> Brief
Find the line that contains "environment-Among k a v (e" in the entries below. Output it and each later line exactly, and nothing else.

Provided data below:

-- ===== src/Client/Resending.antt =====
-- A call of pkg/client/client.go with the retries of internal/utils/http.go keeps the contract.
use executr.Prelude.{ℕ, zero, suc, ◌≡◌, ap, Bool, if◌then◌else◌}
use executr.Store.Row.{Tables, Context}
use executr.Server.Routing.{Codec}
use executr.Client.Calls.{Call, Encoder, Decoder}
use executr.Client.Contract.{ReadsJobs, IsRead, IsFull}
use executr.Client.Remote.{Graded, exchanges}
use executr.Client.Sending.{answered, request_failed, has_body, send_from, on_store_from}

pub send_from-on_store :
    (codec : Codec) (encoder : Encoder) (decoder : Decoder) (call : Call)
    (cs : ℕ → Context × Context) (ends : ℕ → Bool) (left i : ℕ) (t : Tables)
    → ReadsJobs decoder
    → IsRead codec encoder call
    → IsFull call
    → send_from call cs ends codec encoder decoder left i t
      ≡ on_store_from call cs ends codec.env left i t
unfolding send_from on_store_from
send_from-on_store codec encoder decoder call cs ends zero i t a read full =
    let e = exchanges codec encoder decoder a call (cs i).0 (cs i).1 t read full in
    rw (e.sent) (ap (λ (x : Graded). (x.0, answered x.1.0)) e.same)
send_from-on_store codec encoder decoder call cs ends (suc left) i t a read full =
    let e = exchanges codec encoder decoder a call (cs i).0 (cs i).1 t read full in
    let ih : (t' : Tables)
        → send_from call cs ends codec encoder decoder left (suc i) t'
          ≡ on_store_from call cs ends codec.env left (suc i) t' =
      λ t'. send_from-on_store codec encoder decoder call cs ends left (suc i) t' a read full in
    rw (e.sent, ih e.reply.0)
      (ap
        (λ (x : Graded).
          if x.1.1
          then (if ends i
              then (x.0, request_failed)
              else if has_body call
              then (x.0, request_failed)
              else on_store_from call cs ends codec.env left (suc i) x.0)
          else (x.0, answered x.1.0))
        e.same)
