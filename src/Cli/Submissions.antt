-- ===== src/Cli/Submissions.antt =====
-- What reaches the server from a submission by cmd/executr/main.go.
use executr.Prelude.{
  ◌≢◌, ◌≡◌, ◌∙◌, ap, sym, refl, inl, inr, true, false, not, Option, none, some, List, [], ◌∷◌,
  str_eq, eq_iff, keep, find, arith, if◌then◌else◌, Bool-cases, DistinctNames-keep, Unnamed-keep,
  All, ascii,
}
use mathlib.Core.Path.{subst}
use Prim.Native.String.{String}
use executr.Models.{EnvMap, JobSubmission, Priority, foreground, background, best_effort}
use executr.Store.Jobs.{check_priority}
use executr.Server.Convert.{IsMap, variable}
use executr.Cli.Submit.{
  Flags, sent, has_space, known_priority, split_env, assign, assign_part, parse_env, submission,
  with_sha, with_env, submit_job,
}

-- The last setting of a variable among the flags, or what it was before.
abbrev pub set_by :
    String → Option (String × String) → Option (String × String) → Option (String × String)
set_by k none before = before
set_by k (some (a, v)) before = if str_eq a k then some (a, v) else before

abbrev pub last_setting : String → List String → Option (String × String) → Option (String × String)
last_setting k [] before = before
last_setting k (e ∷ es) before = last_setting k es (set_by k (split_env e) before)

-- A variable of another name is found after the removal.
find-others :
    (a k : String) (m : EnvMap)
    → str_eq a k ≡ false
    → variable k (keep (λ e. not (str_eq e.0 a)) m) ≡ variable k m
unfolding find keep
find-others a k [] h = refl
find-others a k ((b, v) ∷ m) h = elim (Bool-cases (str_eq b a)) [
  | inl e ↦ ground (arith, eq_iff b a, eq_iff a k, eq_iff b k, find-others a k m h)
  | inr e ↦ ground (arith, find-others a k m h)
]

variable-assign :
    (a v k : String) (m : EnvMap)
    → variable k (assign a v m) ≡ (if str_eq a k then some (a, v) else variable k m)
unfolding find
variable-assign a v k m = elim (Bool-cases (str_eq a k)) [
  | inl e ↦ rw e refl
  | inr e ↦ rw e (find-others a k m e)
]

IsMap-assign : (a v : String) (m : EnvMap) → IsMap m → IsMap (assign a v m)
IsMap-assign a v m d = (
  Unnamed-keep (λ e. e.0) (λ e. not (str_eq e.0 a)) a m (λ x h. ground arith),
  DistinctNames-keep (λ e. e.0) (λ e. not (str_eq e.0 a)) m d,
)

-- What the loop over the flags makes of a map.
abbrev Settles : List String → EnvMap → EnvMap → Type 0
Settles es m r = IsMap r × ((k : String) → variable k r ≡ last_setting k es (variable k m))

parse_env-Settles :
    (es : List String) (m r : EnvMap) → IsMap m → parse_env es (some m) ≡ some r → Settles es m r
unfolding parse_env
parse_env-Settles [] m r d h =
    let same : m ≡ r = cc in (subst IsMap same d, λ k. ap (variable k) (sym same))
parse_env-Settles (e ∷ es) m r d h =
    part (split_env e) (λ m' d' g. parse_env-Settles es m' r d' g) h
  where
    part :
        (o : Option (String × String))
        → ((m' : EnvMap) → IsMap m' → parse_env es (some m') ≡ some r → Settles es m' r)
        → parse_env es (assign_part o m) ≡ some r
        → IsMap r × ((k : String) → variable k r ≡ last_setting k es (set_by k o (variable k m)))
    part none ih g = absurd (cc g)
    part (some (a, v)) ih g =
        let (is_map, settled) = ih (assign a v m) (IsMap-assign a v m d) g in
        (is_map, λ k. settled k ∙ ap (last_setting k es) (variable-assign a v k m))

-- A priority that the command line knows is one for the server.
known-priority :
    (p : String) → known_priority p ≡ true → (q : Priority) × (check_priority p ≡ some q)
known-priority p h = elim (Bool-cases (str_eq p "foreground")) [
  | inl e ↦ (foreground, rw e refl)
  | inr e ↦ elim (Bool-cases (str_eq p "background")) [
    | inl e' ↦ (background, rw (e, e') refl)
    | inr e' ↦ (best_effort, ground arith)
  ]
]

no_space : (s : String) → has_space s ≡ false → All (λ c. c ≢ b' ') (ascii s)
no_space String.[] h = tt
no_space (String.◌∷◌ c s) h = (λ e. absurd (ground (arith, h, e)), no_space s (ground (arith, h)))

-- What the server finds in a submission.
abbrev pub IsSound : Flags → JobSubmission → Type 0
IsSound f s =
    All (λ c. c ≢ b' ') (ascii s.job_type)
    × ((q : Priority) × (check_priority s.priority ≡ some q))
    × IsMap s.env_variables
    × ((k : String) → variable k s.env_variables ≡ last_setting k f.env none)
    × (s.job_type ≡ f.job_type)
    × (s.binary_url ≡ f.binary_url)
    × (s.arguments ≡ f.args)
    × (s.priority ≡ f.priority)

none_set : (k : String) → variable k [] ≡ none
unfolding find
none_set k = refl

module _ (calculate : String → Option String) (f : Flags) where
  with_sha-IsSound :
      (env : EnvMap) (o : Option String) (s : JobSubmission)
      → IsSound f (submission f env "")
      → with_sha f env o ≡ sent s
      → IsSound f s
  with_sha-IsSound env none s h e = absurd (cc e)
  with_sha-IsSound env (some sha) s h e =
      let same : submission f env sha ≡ s = cc in subst (IsSound f) same h

  with_env-IsSound :
      (o : Option EnvMap) (s : JobSubmission)
      → has_space f.job_type ≡ false
      → known_priority f.priority ≡ true
      → parse_env f.env (some []) ≡ o
      → with_env calculate f o ≡ sent s
      → IsSound f s
  with_env-IsSound none s spaced known parsed e = absurd (cc e)
  with_env-IsSound (some env) s spaced known parsed e =
      let (is_map, settled) = parse_env-Settles f.env [] env tt parsed in
      with_sha-IsSound env _ s
        (
          no_space f.job_type spaced,
          known-priority f.priority known,
          is_map,
          λ k. settled k ∙ ap (last_setting k f.env) (none_set k),
          refl,
          refl,
          refl,
          refl,
        )
        e

-- A submission that the command line sends has the type, the binary URL, the arguments and the
-- priority of the flags, a type without spaces, a priority that the server accepts, and an
-- environment without a variable twice, in which each variable has the value of its last setting
-- among the flags, and is absent where no flag sets it.
pub submit_job-IsSound :
    (calculate : String → Option String) (f : Flags) (s : JobSubmission)
    → submit_job calculate f ≡ sent s
    → IsSound f s
unfolding submit_job
submit_job-IsSound calculate f s e = elim (Bool-cases (has_space f.job_type)) [
  | inl spaced ↦ absurd (cc (rw spaced at e))
  | inr unspaced ↦ elim (Bool-cases (known_priority f.priority)) [
    | inl known ↦
        with_env-IsSound calculate f (parse_env f.env (some [])) s unspaced known refl
          (rw (unspaced, known) at e)
    | inr unknown ↦ absurd (cc (rw (unspaced, unknown) at e))
  ]
]
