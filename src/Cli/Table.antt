-- ===== src/Cli/Table.antt =====
-- What the table of `status` of cmd/executr/main.go shows of a job.
use executr.Prelude.{
  ◌≡◌, ◌≢◌, ◌⊎◌, ◌∙◌, refl, ap, sym, inl, inr, none, some, List, [], ◌∷◌, ◌++◌, String, find,
  Bool-cases, str_eq, arith,
}
use mathlib.Core.Path.{subst}
use executr.Models
use executr.Models.{UuidNumber, EnvMap, pending, status_text, priority_text}
use executr.Server.Convert.{variable}
use executr.Cli.Submit.{Flags}
use executr.Cli.Submissions.{last_setting}
use executr.Cli.Inspect.{
  Line, field, text, joined, id, print_job_table, variables, arguments_line, environment_lines,
}

-- A line of a table.
abbrev pub Among : Line → List Line → Type 0
Among l [] = ⊥
Among l (x ∷ xs) = (l ≡ x) ⊎ Among l xs

Among-left : (l : Line) (xs ys : List Line) → Among l xs → Among l (xs ++ ys)
Among-left l [] ys h = absurd h
Among-left l (x ∷ xs) ys (inl e) = inl e
Among-left l (x ∷ xs) ys (inr h) = inr (Among-left l xs ys h)

Among-right : (l : Line) (xs ys : List Line) → Among l ys → Among l (xs ++ ys)
Among-right l [] ys h = h
Among-right l (x ∷ xs) ys h = inr (Among-right l xs ys h)

-- A table that shows a waiting job with what the flags say.
pub record ShowsFlags (i : UuidNumber) (f : Flags) (ls : List Line) : Type 0 where
  pub job_id : Among (field "Job ID" (id i)) ls
  pub job_type : Among (field "Type" (text f.job_type)) ls
  pub status : Among (field "Status" (text "pending")) ls
  pub priority : Among (field "Priority" (text f.priority)) ls
  pub binary_url : Among (field "Binary URL" (text f.binary_url)) ls
  pub arguments : f.args ≢ [] → Among (field "Arguments" (joined f.args)) ls
  pub environment :
      (k a v : String) → last_setting k f.env none ≡ some (a, v) → Among (Line.variable a v) ls

-- A job with what the flags say, waiting.
abbrev pub HasFlags : Flags → Models.Job → Type 0
HasFlags f m =
    (m.job_type ≡ f.job_type)
    × (m.binary_url ≡ f.binary_url)
    × (m.arguments ≡ f.args)
    × (priority_text m.priority ≡ f.priority)
    × ((k : String) → variable k m.env_variables ≡ last_setting k f.env none)
    × (m.status ≡ pending)

variable-Among :
    (k a v : String) (m : EnvMap)
    → variable k m ≡ some (a, v)
    → Among (Line.variable a v) (variables m)
unfolding find
variable-Among k a v [] h = absurd (cc h)
variable-Among k a v ((b, w) ∷ m) h = elim (Bool-cases (str_eq b k)) [
  | inl e ↦
      let same : (b, w) ≡ (a, v) = ground (arith, h, e) in
      inl (ap (λ (p : String × String). Line.variable p.0 p.1) (sym same))
  | inr e ↦ inr (variable-Among k a v m (ground (arith, h, e)))
]

environment-Among :
    (k a v : String) (m : EnvMap)
    → variable k m ≡ some (a, v)
    → Among (Line.variable a v) (environment_lines m)
unfolding find
environment-Among k a v [] h = absurd (cc h)
environment-Among k a v (e ∷ m) h = inr (variable-Among k a v (e ∷ m) h)

arguments-Among :
    (args : List String) → args ≢ [] → Among (field "Arguments" (joined args)) (arguments_line args)
arguments-Among [] h = absurd (h refl)
arguments-Among (a ∷ rest) h = inl refl

pub table-ShowsFlags :
    (f : Flags) (m : Models.Job) → HasFlags f m → ShowsFlags m.id f (print_job_table m)
unfolding print_job_table
table-ShowsFlags f m (job_type, url, args, priority, env, status) = record {
  job_id = inl refl;
  job_type = inr (inl (ap (λ s. field "Type" (text s)) (sym job_type)));
  status = inr (inr (inl (ap (λ s. field "Status" (text (status_text s))) (sym status))));
  priority = inr (inr (inr (inl (ap (λ s. field "Priority" (text s)) (sym priority)))));
  binary_url = inr (inr (inr (inr (inl (ap (λ s. field "Binary URL" (text s)) (sym url))))));
  arguments = λ h. inr (
      inr (
        inr (
          inr (
            inr (
              inr (
                Among-left (field "Arguments" (joined f.args)) (arguments_line m.arguments) _ (
                  subst (λ xs. Among (field "Arguments" (joined f.args)) (arguments_line xs))
                    (sym args) (arguments-Among f.args h))))))));
  environment = λ k a v h. inr (
      inr (
        inr (
          inr (
            inr (
              inr (
                Among-right (Line.variable a v) (arguments_line m.arguments) _ (
                  Among-left (Line.variable a v) (environment_lines m.env_variables) _
                    (environment-Among k a v m.env_variables (env k ∙ h)))))))));
}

End of Provided data.

> Reply to the exercise
environment-Among k a v (e ∷ m) h = inr (variable-Among k a v (e ∷ m) h)

arguments-Among :
    (args : List String) → args ≢ [] → Among (field "Arguments" (joined args)) (arguments_line args)
arguments-Among [] h = absurd (h refl)
arguments-Among (a ∷ rest) h = inl refl

pub table-ShowsFlags :
    (f : Flags) (m : Models.Job) → HasFlags f m → ShowsFlags m.id f (print_job_table m)
unfolding print_job_table
table-ShowsFlags f m (job_type, url, args, priority, env, status) = record {
  job_id = inl refl;
  job_type = inr (inl (ap (λ s. field "Type" (text s)) (sym job_type)));
  status = inr (inr (inl (ap (λ s. field "Status" (text (status_text s))) (sym status))));
  priority = inr (inr (inr (inl (ap (λ s. field "Priority" (text s)) (sym priority)))));
  binary_url = inr (inr (inr (inr (inl (ap (λ s. field "Binary URL" (text s)) (sym url))))));
  arguments = λ h. inr (
      inr (
        inr (
          inr (
            inr (
              inr (
                Among-left (field "Arguments" (joined f.args)) (arguments_line m.arguments) _ (
                  subst (λ xs. Among (field "Arguments" (joined f.args)) (arguments_line xs))
                    (sym args) (arguments-Among f.args h))))))));
  environment = λ k a v h. inr (
      inr (
        inr (
          inr (
            inr (
              inr (
                Among-right (Line.variable a v) (arguments_line m.arguments) _ (
                  Among-left (Line.variable a v) (environment_lines m.env_variables) _
                    (environment-Among k a v m.env_variables (env k ∙ h)))))))));
}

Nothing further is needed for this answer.